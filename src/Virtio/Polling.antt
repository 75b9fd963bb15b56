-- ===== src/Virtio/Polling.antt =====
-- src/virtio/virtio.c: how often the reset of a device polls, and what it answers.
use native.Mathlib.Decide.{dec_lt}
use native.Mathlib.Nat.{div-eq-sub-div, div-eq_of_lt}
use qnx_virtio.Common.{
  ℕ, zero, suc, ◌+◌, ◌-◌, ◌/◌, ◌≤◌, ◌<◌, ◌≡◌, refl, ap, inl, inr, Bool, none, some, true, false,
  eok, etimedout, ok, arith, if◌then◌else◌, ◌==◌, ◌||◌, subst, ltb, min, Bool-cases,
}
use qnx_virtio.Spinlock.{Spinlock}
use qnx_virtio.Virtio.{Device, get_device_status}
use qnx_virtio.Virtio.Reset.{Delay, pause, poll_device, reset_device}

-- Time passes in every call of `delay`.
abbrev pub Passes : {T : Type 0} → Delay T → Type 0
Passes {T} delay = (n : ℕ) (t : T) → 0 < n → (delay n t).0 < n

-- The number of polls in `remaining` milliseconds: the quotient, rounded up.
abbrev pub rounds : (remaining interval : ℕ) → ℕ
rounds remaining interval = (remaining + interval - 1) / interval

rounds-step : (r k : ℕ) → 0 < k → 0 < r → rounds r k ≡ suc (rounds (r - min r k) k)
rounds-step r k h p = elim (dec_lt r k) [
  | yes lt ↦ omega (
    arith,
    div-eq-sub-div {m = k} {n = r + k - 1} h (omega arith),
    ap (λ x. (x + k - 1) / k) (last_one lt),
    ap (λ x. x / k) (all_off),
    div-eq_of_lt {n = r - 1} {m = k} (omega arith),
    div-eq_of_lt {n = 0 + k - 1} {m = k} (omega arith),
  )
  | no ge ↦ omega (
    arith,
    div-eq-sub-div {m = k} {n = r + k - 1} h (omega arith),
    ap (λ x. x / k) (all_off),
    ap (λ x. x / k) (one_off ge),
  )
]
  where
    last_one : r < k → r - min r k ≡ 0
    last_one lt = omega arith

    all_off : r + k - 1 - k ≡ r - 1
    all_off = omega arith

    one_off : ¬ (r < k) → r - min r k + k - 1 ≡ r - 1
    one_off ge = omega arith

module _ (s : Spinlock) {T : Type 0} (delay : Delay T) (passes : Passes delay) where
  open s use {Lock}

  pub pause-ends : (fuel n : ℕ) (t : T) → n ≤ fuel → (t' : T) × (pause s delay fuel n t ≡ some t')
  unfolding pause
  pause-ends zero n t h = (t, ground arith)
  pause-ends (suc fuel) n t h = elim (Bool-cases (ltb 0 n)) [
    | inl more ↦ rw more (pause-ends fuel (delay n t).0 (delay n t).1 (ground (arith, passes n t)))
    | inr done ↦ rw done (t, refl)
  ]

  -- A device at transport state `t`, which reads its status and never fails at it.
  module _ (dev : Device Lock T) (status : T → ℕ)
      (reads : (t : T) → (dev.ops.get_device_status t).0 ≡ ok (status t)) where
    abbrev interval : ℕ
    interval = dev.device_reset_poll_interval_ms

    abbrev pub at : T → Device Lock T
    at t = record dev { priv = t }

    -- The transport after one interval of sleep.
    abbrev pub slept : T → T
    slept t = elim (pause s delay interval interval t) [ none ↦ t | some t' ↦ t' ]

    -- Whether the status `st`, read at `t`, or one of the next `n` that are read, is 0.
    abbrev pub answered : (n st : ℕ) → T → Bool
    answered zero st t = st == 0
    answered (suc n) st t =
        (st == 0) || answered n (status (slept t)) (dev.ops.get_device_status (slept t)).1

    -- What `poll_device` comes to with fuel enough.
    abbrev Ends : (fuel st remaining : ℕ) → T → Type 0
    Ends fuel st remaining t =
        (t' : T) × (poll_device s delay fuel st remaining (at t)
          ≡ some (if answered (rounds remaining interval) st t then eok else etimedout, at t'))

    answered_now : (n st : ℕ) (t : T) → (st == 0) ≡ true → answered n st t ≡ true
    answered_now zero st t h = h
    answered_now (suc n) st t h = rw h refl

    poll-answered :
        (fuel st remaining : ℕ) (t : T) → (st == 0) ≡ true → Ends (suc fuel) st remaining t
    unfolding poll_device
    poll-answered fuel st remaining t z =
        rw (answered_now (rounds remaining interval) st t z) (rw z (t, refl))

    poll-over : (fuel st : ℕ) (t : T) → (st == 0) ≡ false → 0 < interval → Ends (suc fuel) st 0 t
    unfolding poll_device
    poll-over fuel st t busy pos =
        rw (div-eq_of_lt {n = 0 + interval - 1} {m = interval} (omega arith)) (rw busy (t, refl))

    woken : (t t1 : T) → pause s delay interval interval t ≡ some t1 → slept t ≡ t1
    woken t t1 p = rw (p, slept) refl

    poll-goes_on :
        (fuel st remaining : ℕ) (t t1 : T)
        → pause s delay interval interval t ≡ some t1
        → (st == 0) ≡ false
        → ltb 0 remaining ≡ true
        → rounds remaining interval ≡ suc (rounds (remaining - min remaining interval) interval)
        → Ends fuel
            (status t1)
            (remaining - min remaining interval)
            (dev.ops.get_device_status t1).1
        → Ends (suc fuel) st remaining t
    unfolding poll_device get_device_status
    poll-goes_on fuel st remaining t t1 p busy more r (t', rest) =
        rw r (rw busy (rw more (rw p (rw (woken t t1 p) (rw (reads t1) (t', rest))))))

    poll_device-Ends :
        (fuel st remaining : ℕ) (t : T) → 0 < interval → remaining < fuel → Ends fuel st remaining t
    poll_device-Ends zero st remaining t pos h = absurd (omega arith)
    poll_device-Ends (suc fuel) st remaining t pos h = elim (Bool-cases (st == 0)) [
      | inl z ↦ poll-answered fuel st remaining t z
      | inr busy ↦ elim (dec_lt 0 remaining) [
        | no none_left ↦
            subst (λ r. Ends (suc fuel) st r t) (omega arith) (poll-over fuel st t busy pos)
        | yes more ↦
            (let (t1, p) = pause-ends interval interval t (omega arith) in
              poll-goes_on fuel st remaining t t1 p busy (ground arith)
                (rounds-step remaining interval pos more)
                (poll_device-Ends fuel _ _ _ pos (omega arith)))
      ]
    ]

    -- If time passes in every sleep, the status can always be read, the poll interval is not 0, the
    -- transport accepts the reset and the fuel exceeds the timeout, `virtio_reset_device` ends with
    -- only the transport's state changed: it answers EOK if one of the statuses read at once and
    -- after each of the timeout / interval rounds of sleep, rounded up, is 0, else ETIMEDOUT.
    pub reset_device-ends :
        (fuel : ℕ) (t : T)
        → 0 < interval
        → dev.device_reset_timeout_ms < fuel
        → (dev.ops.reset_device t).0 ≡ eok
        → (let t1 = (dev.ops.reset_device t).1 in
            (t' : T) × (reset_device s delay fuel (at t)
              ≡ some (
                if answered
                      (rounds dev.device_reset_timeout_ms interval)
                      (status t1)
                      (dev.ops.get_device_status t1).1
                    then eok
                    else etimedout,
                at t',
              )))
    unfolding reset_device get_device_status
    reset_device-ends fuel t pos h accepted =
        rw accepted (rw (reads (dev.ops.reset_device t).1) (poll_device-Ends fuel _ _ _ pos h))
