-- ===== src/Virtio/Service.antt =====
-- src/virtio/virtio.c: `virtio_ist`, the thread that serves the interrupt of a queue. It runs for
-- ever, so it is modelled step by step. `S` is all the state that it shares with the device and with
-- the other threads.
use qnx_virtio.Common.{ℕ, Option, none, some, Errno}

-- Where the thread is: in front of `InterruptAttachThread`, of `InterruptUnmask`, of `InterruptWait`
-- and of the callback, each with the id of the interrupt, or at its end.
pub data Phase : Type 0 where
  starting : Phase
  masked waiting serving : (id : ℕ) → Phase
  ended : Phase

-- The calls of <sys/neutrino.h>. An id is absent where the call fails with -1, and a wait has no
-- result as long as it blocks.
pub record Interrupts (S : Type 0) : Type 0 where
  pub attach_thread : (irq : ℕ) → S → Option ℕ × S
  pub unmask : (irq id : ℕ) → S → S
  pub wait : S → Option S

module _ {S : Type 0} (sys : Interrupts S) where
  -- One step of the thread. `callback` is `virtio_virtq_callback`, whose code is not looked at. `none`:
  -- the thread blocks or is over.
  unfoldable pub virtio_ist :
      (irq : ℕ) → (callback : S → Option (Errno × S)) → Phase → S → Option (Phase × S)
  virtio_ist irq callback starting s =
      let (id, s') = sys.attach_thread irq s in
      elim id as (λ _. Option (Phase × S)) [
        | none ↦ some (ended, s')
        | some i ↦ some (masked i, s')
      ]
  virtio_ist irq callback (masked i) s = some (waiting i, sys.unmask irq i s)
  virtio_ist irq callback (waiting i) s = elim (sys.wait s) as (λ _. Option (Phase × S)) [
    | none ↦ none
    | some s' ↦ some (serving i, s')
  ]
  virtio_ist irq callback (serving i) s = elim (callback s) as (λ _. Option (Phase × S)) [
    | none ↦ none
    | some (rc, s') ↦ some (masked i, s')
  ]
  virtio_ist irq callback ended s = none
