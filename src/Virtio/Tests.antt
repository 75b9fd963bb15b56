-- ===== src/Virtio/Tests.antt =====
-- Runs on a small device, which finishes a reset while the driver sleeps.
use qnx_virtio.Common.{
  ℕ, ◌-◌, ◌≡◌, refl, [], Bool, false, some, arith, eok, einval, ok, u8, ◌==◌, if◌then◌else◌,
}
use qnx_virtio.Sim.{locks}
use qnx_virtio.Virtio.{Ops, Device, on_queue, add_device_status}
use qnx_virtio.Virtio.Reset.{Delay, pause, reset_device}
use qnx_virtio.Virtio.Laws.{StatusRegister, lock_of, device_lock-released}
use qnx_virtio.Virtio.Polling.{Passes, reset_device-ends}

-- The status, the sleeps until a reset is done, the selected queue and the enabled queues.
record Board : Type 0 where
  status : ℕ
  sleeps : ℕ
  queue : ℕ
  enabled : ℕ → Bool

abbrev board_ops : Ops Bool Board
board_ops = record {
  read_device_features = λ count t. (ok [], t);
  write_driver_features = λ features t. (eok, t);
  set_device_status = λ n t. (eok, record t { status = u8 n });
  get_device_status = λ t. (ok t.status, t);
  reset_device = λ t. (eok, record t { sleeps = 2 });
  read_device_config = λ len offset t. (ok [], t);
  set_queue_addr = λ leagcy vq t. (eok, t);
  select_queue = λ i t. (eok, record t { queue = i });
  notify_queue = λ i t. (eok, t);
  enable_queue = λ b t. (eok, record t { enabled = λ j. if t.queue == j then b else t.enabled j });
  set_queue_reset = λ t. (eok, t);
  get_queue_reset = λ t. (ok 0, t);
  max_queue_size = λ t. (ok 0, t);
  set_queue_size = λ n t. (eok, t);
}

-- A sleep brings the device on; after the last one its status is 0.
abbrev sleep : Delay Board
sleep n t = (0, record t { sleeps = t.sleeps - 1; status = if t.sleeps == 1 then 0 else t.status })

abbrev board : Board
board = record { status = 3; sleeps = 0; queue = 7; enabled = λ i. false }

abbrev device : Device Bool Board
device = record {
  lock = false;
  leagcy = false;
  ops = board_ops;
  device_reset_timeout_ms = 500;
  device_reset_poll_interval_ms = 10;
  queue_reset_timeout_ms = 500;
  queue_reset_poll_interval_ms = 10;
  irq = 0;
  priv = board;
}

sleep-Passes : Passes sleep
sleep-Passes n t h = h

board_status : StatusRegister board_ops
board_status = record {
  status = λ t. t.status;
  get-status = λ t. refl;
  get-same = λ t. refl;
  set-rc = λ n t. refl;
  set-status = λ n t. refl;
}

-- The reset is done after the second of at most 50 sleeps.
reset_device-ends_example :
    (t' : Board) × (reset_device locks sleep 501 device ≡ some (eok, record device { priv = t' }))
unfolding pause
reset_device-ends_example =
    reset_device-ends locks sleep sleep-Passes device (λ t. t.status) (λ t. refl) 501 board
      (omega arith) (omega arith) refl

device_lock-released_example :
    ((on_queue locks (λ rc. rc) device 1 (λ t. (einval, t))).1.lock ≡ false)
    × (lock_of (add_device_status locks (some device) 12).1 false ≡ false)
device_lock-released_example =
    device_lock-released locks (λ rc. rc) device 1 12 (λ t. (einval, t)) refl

────

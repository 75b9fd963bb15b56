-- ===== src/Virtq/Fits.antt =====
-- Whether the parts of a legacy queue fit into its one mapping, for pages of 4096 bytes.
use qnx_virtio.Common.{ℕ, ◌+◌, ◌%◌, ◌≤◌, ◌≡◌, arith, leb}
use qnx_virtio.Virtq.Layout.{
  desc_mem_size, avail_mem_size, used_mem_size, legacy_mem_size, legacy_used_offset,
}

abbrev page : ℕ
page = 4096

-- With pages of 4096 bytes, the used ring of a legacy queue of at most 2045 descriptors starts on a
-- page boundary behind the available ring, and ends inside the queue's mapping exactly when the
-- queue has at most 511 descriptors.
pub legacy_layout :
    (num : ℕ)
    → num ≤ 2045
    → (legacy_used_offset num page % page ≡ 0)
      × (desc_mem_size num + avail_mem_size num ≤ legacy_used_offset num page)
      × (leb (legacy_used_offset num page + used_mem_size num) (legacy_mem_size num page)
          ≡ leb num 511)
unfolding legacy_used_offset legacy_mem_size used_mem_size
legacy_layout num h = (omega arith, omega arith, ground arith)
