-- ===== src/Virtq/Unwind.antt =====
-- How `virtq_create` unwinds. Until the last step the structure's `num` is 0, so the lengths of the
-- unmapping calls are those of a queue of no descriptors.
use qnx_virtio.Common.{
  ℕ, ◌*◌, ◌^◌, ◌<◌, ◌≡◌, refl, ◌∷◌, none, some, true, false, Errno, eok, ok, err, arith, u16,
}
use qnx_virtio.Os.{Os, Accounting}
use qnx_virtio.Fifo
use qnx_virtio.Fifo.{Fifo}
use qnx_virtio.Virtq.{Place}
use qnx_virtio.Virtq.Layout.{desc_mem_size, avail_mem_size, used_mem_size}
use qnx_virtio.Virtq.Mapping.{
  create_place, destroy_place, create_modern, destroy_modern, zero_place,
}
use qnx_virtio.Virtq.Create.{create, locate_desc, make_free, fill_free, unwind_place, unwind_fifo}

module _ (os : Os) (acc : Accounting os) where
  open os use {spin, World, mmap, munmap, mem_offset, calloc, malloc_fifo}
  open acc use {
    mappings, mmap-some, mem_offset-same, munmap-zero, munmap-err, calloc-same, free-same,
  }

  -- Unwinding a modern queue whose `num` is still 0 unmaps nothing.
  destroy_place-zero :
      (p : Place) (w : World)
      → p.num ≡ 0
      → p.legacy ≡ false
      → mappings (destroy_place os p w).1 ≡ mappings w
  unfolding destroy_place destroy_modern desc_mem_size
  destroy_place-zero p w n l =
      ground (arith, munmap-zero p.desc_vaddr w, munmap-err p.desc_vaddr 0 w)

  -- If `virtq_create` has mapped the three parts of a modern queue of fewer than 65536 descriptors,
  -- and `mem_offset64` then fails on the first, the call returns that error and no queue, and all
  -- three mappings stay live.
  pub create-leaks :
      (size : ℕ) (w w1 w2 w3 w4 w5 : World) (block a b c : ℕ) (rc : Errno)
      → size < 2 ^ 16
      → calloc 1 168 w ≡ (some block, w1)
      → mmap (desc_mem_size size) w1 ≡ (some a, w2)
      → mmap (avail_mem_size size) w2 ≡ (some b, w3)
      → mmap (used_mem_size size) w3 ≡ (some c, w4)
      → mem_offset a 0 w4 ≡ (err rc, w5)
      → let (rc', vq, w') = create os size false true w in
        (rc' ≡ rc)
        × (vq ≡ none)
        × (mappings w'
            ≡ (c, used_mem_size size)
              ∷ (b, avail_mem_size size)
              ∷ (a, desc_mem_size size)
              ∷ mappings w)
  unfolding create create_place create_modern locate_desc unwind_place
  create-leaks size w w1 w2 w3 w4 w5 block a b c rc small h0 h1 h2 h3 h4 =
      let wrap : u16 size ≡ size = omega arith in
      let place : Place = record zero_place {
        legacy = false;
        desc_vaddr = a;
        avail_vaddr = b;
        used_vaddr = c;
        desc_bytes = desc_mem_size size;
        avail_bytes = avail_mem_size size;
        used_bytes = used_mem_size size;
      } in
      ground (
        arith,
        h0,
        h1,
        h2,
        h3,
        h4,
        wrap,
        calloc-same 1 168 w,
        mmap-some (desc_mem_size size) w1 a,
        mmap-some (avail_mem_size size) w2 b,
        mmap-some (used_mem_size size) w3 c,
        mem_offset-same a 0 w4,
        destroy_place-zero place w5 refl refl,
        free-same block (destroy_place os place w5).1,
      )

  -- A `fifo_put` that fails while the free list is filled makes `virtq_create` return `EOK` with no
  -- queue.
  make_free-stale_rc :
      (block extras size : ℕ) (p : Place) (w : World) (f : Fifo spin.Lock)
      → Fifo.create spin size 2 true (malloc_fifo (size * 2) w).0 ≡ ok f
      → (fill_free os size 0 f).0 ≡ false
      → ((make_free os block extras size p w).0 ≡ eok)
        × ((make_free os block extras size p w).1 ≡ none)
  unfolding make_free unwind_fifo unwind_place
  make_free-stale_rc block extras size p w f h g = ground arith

────

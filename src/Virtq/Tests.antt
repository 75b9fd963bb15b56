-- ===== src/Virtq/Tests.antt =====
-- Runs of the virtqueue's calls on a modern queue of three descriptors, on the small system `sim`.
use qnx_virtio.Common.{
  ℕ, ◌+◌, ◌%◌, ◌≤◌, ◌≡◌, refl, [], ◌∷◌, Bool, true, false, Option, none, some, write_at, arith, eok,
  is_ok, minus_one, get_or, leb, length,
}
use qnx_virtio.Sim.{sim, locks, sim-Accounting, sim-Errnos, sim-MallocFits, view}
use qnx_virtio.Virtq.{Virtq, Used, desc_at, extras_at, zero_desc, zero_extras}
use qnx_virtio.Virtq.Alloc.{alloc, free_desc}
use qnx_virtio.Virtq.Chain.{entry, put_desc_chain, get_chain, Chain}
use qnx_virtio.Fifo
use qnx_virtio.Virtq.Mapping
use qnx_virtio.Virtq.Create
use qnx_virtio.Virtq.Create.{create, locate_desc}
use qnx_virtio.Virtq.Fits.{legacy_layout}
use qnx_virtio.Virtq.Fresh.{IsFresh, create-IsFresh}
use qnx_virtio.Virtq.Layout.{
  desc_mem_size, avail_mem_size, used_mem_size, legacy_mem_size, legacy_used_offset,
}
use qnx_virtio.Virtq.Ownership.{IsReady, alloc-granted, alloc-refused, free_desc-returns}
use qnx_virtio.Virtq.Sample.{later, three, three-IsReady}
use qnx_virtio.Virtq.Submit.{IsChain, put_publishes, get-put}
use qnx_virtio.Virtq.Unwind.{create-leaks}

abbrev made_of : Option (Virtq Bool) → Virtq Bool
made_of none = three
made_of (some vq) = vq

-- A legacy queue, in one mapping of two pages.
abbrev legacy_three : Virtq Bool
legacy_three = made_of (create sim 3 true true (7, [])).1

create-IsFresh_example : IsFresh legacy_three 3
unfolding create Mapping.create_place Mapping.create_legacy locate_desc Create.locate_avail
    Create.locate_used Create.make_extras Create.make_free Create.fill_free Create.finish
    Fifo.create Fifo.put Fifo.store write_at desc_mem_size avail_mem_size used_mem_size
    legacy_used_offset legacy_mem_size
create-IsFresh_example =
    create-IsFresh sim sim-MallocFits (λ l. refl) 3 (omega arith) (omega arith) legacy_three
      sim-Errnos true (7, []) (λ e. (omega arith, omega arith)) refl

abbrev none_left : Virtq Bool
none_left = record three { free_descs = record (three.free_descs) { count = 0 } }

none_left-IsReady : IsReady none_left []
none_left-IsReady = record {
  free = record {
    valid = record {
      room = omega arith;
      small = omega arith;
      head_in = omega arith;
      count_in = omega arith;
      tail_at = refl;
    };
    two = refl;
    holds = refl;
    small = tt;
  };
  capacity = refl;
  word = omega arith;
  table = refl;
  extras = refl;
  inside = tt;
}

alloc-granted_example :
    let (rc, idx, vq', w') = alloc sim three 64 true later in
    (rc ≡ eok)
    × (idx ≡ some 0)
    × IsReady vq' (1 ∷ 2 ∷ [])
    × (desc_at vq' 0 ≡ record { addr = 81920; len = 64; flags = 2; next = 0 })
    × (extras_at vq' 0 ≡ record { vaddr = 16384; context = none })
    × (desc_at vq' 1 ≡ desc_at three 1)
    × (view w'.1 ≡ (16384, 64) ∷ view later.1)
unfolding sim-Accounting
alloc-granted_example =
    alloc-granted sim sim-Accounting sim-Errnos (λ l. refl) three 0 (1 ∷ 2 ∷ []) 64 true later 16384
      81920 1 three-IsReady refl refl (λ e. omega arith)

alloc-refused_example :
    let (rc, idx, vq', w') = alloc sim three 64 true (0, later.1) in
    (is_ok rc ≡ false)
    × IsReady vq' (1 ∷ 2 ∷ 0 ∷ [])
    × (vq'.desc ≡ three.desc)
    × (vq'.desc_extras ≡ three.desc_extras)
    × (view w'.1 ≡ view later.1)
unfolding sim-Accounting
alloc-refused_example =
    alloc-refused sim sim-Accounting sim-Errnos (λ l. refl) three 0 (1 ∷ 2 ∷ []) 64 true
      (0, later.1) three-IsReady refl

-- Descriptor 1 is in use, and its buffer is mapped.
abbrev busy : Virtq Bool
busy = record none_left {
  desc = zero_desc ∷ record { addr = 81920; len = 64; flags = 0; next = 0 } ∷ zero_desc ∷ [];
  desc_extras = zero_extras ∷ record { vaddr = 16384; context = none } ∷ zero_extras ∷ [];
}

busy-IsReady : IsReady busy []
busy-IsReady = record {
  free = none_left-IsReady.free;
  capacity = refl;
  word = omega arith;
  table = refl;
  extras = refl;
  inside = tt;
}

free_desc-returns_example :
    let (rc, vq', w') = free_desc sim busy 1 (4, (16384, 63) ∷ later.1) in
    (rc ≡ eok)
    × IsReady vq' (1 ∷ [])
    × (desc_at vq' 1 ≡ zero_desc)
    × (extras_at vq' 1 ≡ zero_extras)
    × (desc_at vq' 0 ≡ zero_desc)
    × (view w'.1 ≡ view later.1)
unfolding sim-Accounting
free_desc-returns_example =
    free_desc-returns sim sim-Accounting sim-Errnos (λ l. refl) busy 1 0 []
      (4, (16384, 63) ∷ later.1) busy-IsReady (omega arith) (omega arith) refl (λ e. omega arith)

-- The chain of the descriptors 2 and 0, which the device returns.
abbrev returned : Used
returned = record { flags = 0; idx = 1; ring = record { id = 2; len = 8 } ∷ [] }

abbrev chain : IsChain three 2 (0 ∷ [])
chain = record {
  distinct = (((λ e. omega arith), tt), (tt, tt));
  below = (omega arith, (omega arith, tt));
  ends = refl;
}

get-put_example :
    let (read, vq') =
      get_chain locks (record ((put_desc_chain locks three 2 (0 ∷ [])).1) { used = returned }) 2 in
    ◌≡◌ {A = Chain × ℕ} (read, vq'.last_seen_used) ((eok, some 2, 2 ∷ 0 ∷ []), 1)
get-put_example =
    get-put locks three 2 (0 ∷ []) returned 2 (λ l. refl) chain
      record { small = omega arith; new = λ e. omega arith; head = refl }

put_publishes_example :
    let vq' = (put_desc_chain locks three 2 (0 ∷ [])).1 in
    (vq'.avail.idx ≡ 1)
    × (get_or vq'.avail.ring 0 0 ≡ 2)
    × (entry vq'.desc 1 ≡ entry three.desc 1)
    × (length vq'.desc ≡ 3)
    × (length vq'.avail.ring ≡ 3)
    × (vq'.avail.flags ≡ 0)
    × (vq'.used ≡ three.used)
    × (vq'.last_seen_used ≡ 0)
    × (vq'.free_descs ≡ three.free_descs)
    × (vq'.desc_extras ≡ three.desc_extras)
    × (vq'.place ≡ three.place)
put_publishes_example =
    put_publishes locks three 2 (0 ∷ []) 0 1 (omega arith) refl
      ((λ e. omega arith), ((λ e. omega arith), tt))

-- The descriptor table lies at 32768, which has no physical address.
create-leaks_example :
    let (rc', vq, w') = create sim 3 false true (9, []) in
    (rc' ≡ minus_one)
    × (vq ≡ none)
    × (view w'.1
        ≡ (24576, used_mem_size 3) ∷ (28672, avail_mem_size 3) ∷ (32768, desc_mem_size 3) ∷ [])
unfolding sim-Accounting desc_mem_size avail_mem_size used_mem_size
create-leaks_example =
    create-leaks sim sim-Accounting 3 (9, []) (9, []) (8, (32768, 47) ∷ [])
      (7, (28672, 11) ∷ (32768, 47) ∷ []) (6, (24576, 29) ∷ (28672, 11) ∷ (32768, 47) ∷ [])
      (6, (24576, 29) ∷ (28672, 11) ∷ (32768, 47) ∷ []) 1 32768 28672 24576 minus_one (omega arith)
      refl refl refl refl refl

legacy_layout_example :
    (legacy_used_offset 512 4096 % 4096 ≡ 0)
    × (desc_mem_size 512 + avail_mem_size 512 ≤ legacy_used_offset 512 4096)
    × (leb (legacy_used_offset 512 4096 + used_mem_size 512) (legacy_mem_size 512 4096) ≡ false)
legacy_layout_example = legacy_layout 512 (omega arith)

────

▸ ASSIGNED TASK
Please copy all lines of the listing in which the string "accepted" occurs.

▸ OUTPUT FOR THIS TASK
    reset_device-ends fuel t pos h accepted =
        rw accepted (rw (reads (dev.ops.reset_device t).1) (poll_device-Ends fuel _ _ _ pos h))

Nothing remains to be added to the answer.